#### EXERCISE AIM
For this exercise, return exactly the lines of the material below that begin at the one with "(a b c d : List String)" and stop after the one with "pub same_ℤ_iff : (o".

#### SUPPLIED ENTRIES
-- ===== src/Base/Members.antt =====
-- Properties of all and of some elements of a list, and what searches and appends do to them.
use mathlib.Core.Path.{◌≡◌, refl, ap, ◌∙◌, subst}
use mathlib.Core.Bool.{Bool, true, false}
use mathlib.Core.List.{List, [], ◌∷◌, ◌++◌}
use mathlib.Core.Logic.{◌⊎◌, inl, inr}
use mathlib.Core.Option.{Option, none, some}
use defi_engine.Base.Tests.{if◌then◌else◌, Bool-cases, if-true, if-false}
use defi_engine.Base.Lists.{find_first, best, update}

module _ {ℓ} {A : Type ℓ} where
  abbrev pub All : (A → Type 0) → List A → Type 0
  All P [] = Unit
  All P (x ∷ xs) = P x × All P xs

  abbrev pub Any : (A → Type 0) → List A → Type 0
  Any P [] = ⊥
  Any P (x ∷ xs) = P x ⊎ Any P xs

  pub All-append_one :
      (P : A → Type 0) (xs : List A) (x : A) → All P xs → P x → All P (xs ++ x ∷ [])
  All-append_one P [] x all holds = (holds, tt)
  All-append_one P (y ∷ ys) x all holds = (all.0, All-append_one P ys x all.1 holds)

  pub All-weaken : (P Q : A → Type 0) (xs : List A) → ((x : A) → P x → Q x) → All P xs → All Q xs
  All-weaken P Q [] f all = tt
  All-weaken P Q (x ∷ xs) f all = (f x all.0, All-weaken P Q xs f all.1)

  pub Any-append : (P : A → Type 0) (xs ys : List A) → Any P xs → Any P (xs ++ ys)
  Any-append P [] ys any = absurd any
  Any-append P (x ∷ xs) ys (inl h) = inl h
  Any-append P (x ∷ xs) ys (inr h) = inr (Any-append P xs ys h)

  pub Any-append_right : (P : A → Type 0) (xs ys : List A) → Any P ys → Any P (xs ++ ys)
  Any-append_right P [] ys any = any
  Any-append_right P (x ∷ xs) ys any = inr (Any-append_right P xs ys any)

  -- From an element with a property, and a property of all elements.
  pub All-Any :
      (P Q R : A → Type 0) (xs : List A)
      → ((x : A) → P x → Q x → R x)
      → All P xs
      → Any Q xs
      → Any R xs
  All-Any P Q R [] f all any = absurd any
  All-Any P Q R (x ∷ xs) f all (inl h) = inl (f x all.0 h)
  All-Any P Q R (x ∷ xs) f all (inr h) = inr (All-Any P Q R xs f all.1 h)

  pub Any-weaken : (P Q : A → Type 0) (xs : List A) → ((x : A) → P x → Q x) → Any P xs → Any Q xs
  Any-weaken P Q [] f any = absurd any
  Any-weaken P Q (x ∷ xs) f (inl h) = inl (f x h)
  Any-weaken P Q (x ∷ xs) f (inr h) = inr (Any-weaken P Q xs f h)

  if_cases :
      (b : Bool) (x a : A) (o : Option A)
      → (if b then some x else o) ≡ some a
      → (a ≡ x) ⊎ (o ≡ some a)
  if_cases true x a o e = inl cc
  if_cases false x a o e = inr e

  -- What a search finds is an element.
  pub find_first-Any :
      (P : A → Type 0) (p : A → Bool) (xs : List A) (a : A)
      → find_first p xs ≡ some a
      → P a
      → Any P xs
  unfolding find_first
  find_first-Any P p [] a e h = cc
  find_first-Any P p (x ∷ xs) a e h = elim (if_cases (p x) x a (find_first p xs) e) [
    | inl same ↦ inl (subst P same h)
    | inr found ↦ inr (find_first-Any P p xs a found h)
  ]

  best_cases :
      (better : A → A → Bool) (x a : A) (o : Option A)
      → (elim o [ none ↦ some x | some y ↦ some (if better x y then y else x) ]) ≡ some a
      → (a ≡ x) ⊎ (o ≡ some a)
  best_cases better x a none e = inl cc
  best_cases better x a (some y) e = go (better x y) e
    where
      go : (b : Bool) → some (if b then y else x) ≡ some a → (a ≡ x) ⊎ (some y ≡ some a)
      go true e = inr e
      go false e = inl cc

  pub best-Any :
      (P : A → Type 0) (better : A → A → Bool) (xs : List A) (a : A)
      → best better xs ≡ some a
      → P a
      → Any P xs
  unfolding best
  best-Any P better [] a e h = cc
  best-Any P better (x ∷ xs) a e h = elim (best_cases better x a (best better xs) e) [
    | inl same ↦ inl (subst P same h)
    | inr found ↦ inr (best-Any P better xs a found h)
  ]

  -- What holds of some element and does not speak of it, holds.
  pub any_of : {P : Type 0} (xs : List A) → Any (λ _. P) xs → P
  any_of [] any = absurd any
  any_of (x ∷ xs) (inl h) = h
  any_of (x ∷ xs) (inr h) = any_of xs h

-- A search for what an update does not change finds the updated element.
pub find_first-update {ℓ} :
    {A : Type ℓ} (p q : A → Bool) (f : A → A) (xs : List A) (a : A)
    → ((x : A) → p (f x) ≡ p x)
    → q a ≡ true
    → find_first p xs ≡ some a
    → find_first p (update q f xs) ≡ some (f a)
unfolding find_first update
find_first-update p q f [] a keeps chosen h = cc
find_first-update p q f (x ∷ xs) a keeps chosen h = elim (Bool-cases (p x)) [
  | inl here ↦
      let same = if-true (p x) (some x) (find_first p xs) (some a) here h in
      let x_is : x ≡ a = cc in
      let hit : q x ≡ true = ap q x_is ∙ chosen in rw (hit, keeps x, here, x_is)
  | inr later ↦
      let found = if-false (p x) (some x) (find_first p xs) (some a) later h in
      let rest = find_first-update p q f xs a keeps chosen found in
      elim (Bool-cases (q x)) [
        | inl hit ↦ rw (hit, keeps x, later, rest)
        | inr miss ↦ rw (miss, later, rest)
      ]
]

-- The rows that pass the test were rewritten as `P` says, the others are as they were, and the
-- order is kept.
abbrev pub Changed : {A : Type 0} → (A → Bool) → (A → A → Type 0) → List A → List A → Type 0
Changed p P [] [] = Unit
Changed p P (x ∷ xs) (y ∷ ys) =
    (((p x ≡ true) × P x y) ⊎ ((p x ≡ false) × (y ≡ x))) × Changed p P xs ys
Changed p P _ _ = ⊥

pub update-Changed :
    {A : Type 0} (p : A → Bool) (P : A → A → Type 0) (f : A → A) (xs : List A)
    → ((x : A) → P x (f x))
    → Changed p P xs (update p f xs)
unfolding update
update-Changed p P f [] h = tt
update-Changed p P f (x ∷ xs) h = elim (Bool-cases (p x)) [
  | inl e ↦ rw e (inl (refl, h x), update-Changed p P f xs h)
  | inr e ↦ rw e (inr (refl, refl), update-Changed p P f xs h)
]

---

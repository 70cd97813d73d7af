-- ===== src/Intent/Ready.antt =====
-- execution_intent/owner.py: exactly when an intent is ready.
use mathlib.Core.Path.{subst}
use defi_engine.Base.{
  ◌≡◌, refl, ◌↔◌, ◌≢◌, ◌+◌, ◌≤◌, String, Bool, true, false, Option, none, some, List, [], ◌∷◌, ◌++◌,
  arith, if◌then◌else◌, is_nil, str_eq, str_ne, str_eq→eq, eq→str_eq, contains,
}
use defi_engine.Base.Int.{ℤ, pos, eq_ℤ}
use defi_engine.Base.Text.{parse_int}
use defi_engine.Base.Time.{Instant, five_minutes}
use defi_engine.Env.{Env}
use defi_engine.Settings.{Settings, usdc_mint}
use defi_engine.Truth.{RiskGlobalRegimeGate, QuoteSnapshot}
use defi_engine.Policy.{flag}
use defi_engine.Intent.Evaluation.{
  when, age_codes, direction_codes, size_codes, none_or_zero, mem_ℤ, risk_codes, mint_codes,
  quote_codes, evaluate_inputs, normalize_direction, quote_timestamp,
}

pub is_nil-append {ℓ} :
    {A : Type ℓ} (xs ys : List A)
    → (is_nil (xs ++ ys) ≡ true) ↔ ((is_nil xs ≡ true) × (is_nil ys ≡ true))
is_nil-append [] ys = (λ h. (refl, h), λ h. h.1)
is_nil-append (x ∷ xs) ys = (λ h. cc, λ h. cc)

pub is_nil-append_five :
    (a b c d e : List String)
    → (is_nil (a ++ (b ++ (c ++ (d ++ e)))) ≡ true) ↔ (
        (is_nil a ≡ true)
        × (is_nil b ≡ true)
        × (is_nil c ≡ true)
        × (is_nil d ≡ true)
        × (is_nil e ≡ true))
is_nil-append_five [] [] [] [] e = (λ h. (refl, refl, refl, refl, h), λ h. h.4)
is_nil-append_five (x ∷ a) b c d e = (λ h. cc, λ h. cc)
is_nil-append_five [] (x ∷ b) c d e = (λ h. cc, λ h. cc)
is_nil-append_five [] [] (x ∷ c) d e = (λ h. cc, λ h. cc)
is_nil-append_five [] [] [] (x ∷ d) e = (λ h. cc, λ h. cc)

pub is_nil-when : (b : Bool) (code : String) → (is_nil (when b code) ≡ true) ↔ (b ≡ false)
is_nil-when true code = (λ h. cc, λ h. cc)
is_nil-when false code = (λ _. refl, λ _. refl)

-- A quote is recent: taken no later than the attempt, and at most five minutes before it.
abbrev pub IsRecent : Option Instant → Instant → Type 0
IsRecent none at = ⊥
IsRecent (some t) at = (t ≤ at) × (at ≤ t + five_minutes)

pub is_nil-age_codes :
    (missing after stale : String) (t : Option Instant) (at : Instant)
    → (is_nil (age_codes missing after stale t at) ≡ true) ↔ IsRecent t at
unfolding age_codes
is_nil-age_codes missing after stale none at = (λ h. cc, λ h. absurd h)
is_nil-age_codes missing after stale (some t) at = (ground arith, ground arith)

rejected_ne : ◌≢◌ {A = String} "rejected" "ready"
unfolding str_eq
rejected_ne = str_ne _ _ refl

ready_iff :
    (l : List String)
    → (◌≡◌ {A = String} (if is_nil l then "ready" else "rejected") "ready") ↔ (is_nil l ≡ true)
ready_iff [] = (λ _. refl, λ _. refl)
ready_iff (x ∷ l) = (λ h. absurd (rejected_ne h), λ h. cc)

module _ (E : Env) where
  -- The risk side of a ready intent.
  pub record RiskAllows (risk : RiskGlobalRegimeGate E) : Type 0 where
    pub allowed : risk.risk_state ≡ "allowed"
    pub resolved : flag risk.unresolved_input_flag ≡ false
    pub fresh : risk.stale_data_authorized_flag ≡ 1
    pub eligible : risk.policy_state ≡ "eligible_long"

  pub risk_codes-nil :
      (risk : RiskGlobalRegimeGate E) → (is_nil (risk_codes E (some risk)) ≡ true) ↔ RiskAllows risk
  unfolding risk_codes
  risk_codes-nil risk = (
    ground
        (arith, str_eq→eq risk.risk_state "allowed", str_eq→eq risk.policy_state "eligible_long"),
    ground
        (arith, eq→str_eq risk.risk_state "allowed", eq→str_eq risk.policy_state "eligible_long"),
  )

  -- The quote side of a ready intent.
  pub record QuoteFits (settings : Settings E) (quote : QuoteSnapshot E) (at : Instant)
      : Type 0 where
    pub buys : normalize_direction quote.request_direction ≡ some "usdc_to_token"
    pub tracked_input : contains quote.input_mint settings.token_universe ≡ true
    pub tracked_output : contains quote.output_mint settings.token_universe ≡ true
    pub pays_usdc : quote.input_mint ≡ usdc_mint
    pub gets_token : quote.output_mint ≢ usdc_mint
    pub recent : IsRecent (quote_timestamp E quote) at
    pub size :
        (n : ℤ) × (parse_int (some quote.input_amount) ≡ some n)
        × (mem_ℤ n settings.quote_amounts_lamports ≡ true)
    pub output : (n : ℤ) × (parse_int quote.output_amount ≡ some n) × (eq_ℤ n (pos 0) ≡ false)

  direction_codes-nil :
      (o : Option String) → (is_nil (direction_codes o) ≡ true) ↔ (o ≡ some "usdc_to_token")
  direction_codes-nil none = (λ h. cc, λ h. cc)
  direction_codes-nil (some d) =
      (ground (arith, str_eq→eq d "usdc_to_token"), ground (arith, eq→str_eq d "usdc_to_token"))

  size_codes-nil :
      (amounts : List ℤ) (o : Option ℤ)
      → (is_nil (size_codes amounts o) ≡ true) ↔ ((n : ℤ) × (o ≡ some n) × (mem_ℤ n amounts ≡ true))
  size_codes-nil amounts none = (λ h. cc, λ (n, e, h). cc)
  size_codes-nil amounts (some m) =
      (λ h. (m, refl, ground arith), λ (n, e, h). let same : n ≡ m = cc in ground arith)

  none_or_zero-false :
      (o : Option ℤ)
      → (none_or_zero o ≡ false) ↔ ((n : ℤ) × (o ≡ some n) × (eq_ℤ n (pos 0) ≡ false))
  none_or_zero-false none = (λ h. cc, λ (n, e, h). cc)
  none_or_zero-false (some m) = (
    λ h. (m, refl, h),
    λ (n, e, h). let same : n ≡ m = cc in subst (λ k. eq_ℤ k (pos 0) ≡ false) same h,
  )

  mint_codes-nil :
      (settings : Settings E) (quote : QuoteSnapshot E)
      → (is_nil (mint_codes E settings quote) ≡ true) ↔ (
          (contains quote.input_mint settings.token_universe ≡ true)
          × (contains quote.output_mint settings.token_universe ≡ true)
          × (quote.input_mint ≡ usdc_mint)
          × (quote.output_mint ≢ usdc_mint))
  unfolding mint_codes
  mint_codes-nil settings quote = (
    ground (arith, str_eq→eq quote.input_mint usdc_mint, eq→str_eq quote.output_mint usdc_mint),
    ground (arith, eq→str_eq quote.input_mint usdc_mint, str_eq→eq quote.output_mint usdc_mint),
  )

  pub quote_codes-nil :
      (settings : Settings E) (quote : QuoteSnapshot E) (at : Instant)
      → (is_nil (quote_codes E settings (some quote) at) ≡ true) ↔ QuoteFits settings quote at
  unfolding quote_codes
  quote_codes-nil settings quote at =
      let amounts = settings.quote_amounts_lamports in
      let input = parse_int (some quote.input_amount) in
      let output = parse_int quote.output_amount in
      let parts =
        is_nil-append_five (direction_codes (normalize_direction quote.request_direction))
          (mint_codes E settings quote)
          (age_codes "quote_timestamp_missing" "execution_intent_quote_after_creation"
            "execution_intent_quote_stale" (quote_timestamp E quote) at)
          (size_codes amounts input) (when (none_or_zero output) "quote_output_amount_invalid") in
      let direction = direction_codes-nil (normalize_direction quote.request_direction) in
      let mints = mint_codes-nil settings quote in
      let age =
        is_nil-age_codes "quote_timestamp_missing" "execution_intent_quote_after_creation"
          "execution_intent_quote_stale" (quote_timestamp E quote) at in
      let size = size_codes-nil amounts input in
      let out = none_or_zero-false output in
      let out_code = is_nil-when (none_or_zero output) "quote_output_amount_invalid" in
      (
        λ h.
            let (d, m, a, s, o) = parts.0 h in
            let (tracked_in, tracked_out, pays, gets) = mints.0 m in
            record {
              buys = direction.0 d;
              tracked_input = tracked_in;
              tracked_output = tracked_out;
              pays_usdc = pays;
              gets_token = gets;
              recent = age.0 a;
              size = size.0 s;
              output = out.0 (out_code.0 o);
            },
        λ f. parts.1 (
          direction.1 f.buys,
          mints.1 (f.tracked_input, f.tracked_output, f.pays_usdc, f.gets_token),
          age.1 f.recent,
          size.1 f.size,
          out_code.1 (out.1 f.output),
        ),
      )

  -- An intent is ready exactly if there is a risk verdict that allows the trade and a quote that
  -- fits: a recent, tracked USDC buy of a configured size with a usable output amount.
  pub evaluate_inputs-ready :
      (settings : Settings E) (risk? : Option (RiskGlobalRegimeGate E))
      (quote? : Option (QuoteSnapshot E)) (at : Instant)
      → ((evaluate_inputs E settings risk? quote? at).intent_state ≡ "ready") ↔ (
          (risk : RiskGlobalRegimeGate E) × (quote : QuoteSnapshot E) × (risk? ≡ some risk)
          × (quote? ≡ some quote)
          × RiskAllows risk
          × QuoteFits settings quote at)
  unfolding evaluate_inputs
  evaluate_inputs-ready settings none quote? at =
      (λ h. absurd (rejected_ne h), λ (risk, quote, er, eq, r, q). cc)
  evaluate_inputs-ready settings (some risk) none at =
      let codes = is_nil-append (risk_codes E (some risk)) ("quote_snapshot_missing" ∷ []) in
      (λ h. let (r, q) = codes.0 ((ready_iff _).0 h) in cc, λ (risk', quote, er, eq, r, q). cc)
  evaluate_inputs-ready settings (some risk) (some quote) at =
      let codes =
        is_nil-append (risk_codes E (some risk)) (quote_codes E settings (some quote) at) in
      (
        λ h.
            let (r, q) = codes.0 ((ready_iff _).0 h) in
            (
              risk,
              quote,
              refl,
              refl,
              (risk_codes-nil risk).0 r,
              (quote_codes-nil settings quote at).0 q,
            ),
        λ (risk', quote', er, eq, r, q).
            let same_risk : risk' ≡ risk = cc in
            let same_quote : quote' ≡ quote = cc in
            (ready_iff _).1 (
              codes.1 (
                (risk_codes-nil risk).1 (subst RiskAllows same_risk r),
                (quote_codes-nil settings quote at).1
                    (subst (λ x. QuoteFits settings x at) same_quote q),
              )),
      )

--

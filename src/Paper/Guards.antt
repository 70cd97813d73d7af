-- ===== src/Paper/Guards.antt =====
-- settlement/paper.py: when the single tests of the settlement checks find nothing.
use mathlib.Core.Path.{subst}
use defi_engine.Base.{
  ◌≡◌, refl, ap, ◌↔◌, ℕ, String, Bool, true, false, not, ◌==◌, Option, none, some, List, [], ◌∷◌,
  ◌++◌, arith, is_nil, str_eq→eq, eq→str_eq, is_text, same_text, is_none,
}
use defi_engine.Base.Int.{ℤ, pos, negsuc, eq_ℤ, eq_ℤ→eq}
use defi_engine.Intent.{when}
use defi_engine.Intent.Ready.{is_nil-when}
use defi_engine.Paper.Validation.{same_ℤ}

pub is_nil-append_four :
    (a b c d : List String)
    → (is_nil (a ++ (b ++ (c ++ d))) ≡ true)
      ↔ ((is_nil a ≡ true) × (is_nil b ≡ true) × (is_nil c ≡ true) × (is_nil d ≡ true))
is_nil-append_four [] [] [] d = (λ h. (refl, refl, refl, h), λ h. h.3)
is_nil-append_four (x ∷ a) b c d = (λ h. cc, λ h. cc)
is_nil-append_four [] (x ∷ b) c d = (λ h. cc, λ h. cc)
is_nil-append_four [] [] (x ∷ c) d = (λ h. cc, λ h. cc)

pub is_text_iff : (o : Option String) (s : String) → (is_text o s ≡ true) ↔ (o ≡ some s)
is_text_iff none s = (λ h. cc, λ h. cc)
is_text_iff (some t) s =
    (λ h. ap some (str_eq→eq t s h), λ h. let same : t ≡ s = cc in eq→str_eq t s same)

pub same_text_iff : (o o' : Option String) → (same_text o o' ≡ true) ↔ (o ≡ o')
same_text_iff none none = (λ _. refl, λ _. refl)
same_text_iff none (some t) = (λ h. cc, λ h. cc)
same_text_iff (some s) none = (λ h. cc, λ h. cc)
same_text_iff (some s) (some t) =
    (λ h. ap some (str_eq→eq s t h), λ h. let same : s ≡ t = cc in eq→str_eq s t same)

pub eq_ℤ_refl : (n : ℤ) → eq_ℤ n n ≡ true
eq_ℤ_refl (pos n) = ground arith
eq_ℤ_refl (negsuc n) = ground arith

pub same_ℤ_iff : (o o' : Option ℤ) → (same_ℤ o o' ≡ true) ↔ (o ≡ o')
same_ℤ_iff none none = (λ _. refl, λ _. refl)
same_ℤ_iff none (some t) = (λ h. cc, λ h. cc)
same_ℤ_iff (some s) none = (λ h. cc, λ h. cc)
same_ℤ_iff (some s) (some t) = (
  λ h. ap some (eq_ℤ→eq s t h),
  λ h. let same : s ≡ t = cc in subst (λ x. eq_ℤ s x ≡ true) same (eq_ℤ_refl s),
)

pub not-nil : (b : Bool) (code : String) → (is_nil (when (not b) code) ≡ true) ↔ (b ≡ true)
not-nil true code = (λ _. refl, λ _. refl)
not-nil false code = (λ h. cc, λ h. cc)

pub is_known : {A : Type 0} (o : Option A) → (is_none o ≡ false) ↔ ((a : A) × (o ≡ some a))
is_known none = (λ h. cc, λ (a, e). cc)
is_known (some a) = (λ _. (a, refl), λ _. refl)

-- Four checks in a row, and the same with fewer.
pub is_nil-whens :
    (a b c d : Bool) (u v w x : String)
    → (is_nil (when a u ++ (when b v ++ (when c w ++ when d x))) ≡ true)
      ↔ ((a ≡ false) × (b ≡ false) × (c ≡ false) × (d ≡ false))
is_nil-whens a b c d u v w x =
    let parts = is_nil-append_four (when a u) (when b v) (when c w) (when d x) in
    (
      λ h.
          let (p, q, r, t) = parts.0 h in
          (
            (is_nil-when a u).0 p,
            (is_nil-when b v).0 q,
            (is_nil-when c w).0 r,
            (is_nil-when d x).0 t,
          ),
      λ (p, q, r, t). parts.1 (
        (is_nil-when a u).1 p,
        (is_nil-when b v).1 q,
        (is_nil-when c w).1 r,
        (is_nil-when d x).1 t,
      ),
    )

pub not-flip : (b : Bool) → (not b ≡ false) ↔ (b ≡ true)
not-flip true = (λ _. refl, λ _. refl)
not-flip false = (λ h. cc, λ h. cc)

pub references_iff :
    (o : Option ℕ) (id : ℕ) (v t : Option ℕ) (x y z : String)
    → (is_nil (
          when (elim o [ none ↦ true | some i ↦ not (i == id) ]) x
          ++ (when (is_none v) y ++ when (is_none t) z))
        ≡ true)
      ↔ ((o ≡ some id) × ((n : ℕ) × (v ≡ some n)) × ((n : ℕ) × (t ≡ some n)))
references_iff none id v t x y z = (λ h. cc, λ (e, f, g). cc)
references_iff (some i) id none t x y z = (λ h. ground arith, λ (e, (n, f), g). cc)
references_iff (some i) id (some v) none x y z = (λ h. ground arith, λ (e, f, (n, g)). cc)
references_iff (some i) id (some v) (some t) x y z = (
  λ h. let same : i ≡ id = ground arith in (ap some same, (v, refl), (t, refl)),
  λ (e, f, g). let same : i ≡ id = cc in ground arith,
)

#### RESULT OF THIS EXERCISE
    (a b c d : List String)
    → (is_nil (a ++ (b ++ (c ++ d))) ≡ true)
      ↔ ((is_nil a ≡ true) × (is_nil b ≡ true) × (is_nil c ≡ true) × (is_nil d ≡ true))
is_nil-append_four [] [] [] d = (λ h. (refl, refl, refl, h), λ h. h.3)
is_nil-append_four (x ∷ a) b c d = (λ h. cc, λ h. cc)
is_nil-append_four [] (x ∷ b) c d = (λ h. cc, λ h. cc)
is_nil-append_four [] [] (x ∷ c) d = (λ h. cc, λ h. cc)

pub is_text_iff : (o : Option String) (s : String) → (is_text o s ≡ true) ↔ (o ≡ some s)
is_text_iff none s = (λ h. cc, λ h. cc)
is_text_iff (some t) s =
    (λ h. ap some (str_eq→eq t s h), λ h. let same : t ≡ s = cc in eq→str_eq t s same)

pub same_text_iff : (o o' : Option String) → (same_text o o' ≡ true) ↔ (o ≡ o')
same_text_iff none none = (λ _. refl, λ _. refl)
same_text_iff none (some t) = (λ h. cc, λ h. cc)
same_text_iff (some s) none = (λ h. cc, λ h. cc)
same_text_iff (some s) (some t) =
    (λ h. ap some (str_eq→eq s t h), λ h. let same : s ≡ t = cc in eq→str_eq s t same)

pub eq_ℤ_refl : (n : ℤ) → eq_ℤ n n ≡ true
eq_ℤ_refl (pos n) = ground arith
eq_ℤ_refl (negsuc n) = ground arith

pub same_ℤ_iff : (o o' : Option ℤ) → (same_ℤ o o' ≡ true) ↔ (o ≡ o')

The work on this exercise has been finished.